Ceilinel whispered furiously, “Why didn’t you tell me this? If you had—”
“Would you have believed me? Gathin’s supposed to speak for me and she doesn’t even think I’m a person!”
She didn’t answer, and by the time they reached the end of another hall, he thought the conversation was over. He heard the faint sound of running footsteps, maybe the creak of a door opening, but from the echoes they were some distance away. Then Ceilinel admitted, “I don’t know if I would have believed you.”
He didn’t know what to say to that, so didn’t say anything. She added, “This Lavinat, did she care if she survived? Or those with her?”
“I don’t think so. I don’t even know if they thought about it.”
Ceilinel made a distracted gesture as she considered it. “So . . . The point of this attack is not that you and I are killed, it’s that we are killed by Hians.”
She was probably right. Some Hians wanted the Jandera to attack them, either so they would have an excuse to fight or for some other less apparent reason. Other Hians didn’t. Killing an important Kishan like Ceilinel might force a violent response from Kish-Karad and the Ja
ndera in Kedmar and take the choice away from the other Hians.
They had been drawing closer to the area where the sunset tinge of natural light still shone. The hall opened out onto a broad balcony, with a wide stair leading down to a chamber below. Three big windows, all sealed with faceted crystal, stretched up the far wall, allowing in the last of the day’s sunlight. The water channels ran out from the halls of shelves to become miniature waterfalls at the balcony’s edge. The falling water sound covered small movements. Ceilinel lowered her voice even more, saying, “The public entrance is down there.”
Moon caught the scent of outdoor air. “There’s a door open.” The Hians must have gotten here first.
“The main doors are kept propped open. It’s symbolic, so anyone can enter the archives at any time.”

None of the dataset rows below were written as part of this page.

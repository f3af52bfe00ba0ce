-- ===== src/ReverseNotify.antt =====
-- sensorsUnleashed/reverseNotify.c: the nodes that observe this one. They are kept in a list and in a flash
-- file, so that after a restart each can be told that this node is awake. An address is the list of
-- its eight words. Contiki's flash file system is the interface `Cfs`.
pub mod Save
pub mod Tests
use contiki_device_link.Common.{
  ℕ, zero, suc, ◌+◌, ◌≤◌, ◌≡◌, Bool, true, false, ◌&&◌, List, [], ◌∷◌, ◌++◌, Option, none, some,
  if◌then◌else◌, ◌==◌, length, drop,
}
use contiki_device_link.Contiki.{Memb, Lists}
use contiki_device_link.Cmp.{Codec}

abbrev pub Address : Type 0
Address = List ℕ

abbrev pub revlookups : ℕ
revlookups = 20

-- A file that is opened with CFS_READ | CFS_WRITE is written from its start: `overwrite old new` is its
-- content after that. What is at least as long as the old content replaces it.
pub record Cfs : Type 0 where
  pub overwrite : List ℕ → List ℕ → List ℕ
  pub over_shorter : (old new : List ℕ) → length old ≤ length new → overwrite old new ≡ new

-- `revlookup_memb`, `revlookup`, the file "revnotify" if it exists, and the addresses that
-- `susensors_presence` was posted for, the latest first
pub record Sources (P : Type 0) : Type 0 where
  pub pool : P
  pub revlookup : List Address
  pub file : Option (List ℕ)
  pub posted : List Address

-- what a file holds, nothing if there is none
abbrev pub content : Option (List ℕ) → List ℕ
content none = []
content (some bytes) = bytes

unfoldable pub same_address : Address → Address → Bool
same_address [] [] = true
same_address [] (y ∷ ys) = false
same_address (x ∷ xs) [] = false
same_address (x ∷ xs) (y ∷ ys) = x == y && same_address xs ys

-- the loop of `addSource`
unfoldable pub is_source : List Address → Address → Bool
unfolding same_address
is_source [] a = false
is_source (b ∷ bs) a = let rest = is_source bs a in if same_address a b then true else rest

module _ (codec : Codec) where
  unfoldable pub write_words : List ℕ → List ℕ
  write_words [] = []
  write_words (w ∷ ws) = codec.write_u16 w ++ write_words ws

  -- the bytes that `writeFile` writes
  unfoldable pub write_sources : List Address → List ℕ
  unfolding write_words
  write_sources [] = []
  write_sources (a ∷ as') = codec.write_array 8 ++ (write_words a ++ write_sources as')

  -- `for(j<size) cmp_read_u16(…)`, `n` more words: the words and what follows them. A word that cannot be
  -- read stays what it was in the block, `stale`.
  unfoldable pub read_words : ℕ → ℕ → List ℕ → List ℕ × List ℕ
  read_words stale zero bytes = ([], bytes)
  read_words stale (suc n) bytes =
      let r = codec.read_u16 bytes in
      let (ws, rest) = read_words stale n (drop r.used bytes) in
      ((elim (r.value) [ none ↦ stale | some w ↦ w ]) ∷ ws, rest)

  unfoldable pub read_address : ℕ → List ℕ → Address × List ℕ
  unfolding read_words
  read_address stale bytes = read_words stale 8 bytes

  module _ (memb : Memb) (lists : Lists Address) where
    -- The loop of `initReverseNotify`. Every round takes a block of the pool, so `revlookups` rounds and
    -- one more are enough.
    unfoldable pub read_sources : ℕ → ℕ → Sources memb.State → List ℕ → Sources memb.State
    unfolding read_address
    read_sources stale zero s bytes = s
    read_sources stale (suc rounds) s bytes =
        let header = codec.read_array bytes in
        elim (header.value) [
          | none ↦ s
          | some size ↦
              if size == 8
              then elim (memb.memb_alloc s.pool) [
                | none ↦ s
                | some pool ↦
                    let (a, rest) = read_address stale (drop header.used bytes) in
                    read_sources stale rounds
                      (record s {
                        pool = pool;
                        revlookup = lists.list_add s.revlookup a;
                        posted = a ∷ s.posted;
                      })
                      rest
              ]
              else s
        ]

    unfoldable pub init_reverse_notify : ℕ → Option (List ℕ) → Sources memb.State
    unfolding read_sources
    init_reverse_notify stale file =
        let s : Sources memb.State = record {
          pool = memb.memb_init revlookups;
          revlookup = [];
          file = file;
          posted = [];
        } in
        elim file [ none ↦ s | some bytes ↦ read_sources stale (revlookups + 1) s bytes ]

    module _ (cfs : Cfs) where
      -- `writeFile`, if the file can be opened or not
      unfoldable pub write_file : Bool → Sources memb.State → Sources memb.State
      unfolding write_sources
      write_file false s = s
      write_file true s = elim (s.revlookup) [
        | [] ↦ record s { file = none }
        | a ∷ as' ↦ record s {
          file = some (cfs.overwrite (content s.file) (write_sources (a ∷ as')));
        }
      ]

      -- `addSource`
      unfoldable pub add_source : Bool → Sources memb.State → Address → Sources memb.State
      unfolding write_file is_source
      add_source opens s srcaddr =
          if is_source s.revlookup srcaddr then s else elim (memb.memb_alloc s.pool) [
            | none ↦ s
            | some pool ↦
                write_file opens
                  (record s { pool = pool; revlookup = lists.list_add s.revlookup srcaddr })
          ]

      -- `removeItem`; `list_remove` is Contiki's, for the item's place in the list.
      unfoldable pub remove_item :
          (List Address → ℕ → List Address) → Bool → Sources memb.State → ℕ → Sources memb.State
      unfolding write_file
      remove_item list_remove opens s i =
          write_file opens (record s { revlookup = list_remove s.revlookup i })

The Hians still might have gotten here first. Moon held out an arm to Ceilinel. “We’ll go fast.” All he wanted to do was curl up in a corner and collapse. Just get outside, leave her where she can get help, and find a place to hide, he promised himself.
Ceilinel reached for his hand, then her face went still. “Someone’s performing an arcana.”
Moon hissed, thinking of the collapse that had blocked the shaft down into the docking structure. “Watch out for these arches. The Hians could bring them down and trap us in here.”
Ceilinel turned to stare at him. “Hians don’t have that kind of arcanic ability.”
Moon snorted. “Hians lie a lot.”
Something cracked overhead, a deep ominous reverberation. Moon grabbed Ceilinel around the waist and bounced to the balustrade. Below he caught a quick glimpse of the big foyer at the bottom of the stairs, the large oblong fountain pools to either side, and the heavy chased metal doors standing open just enough for a broad-shouldered groundling to step through. Someone shouted and just as Moon leapt the air moved around him, pushed by the sudden force of a heavy object’s plunge. He twisted to avoid it and knew he was about to fall badly.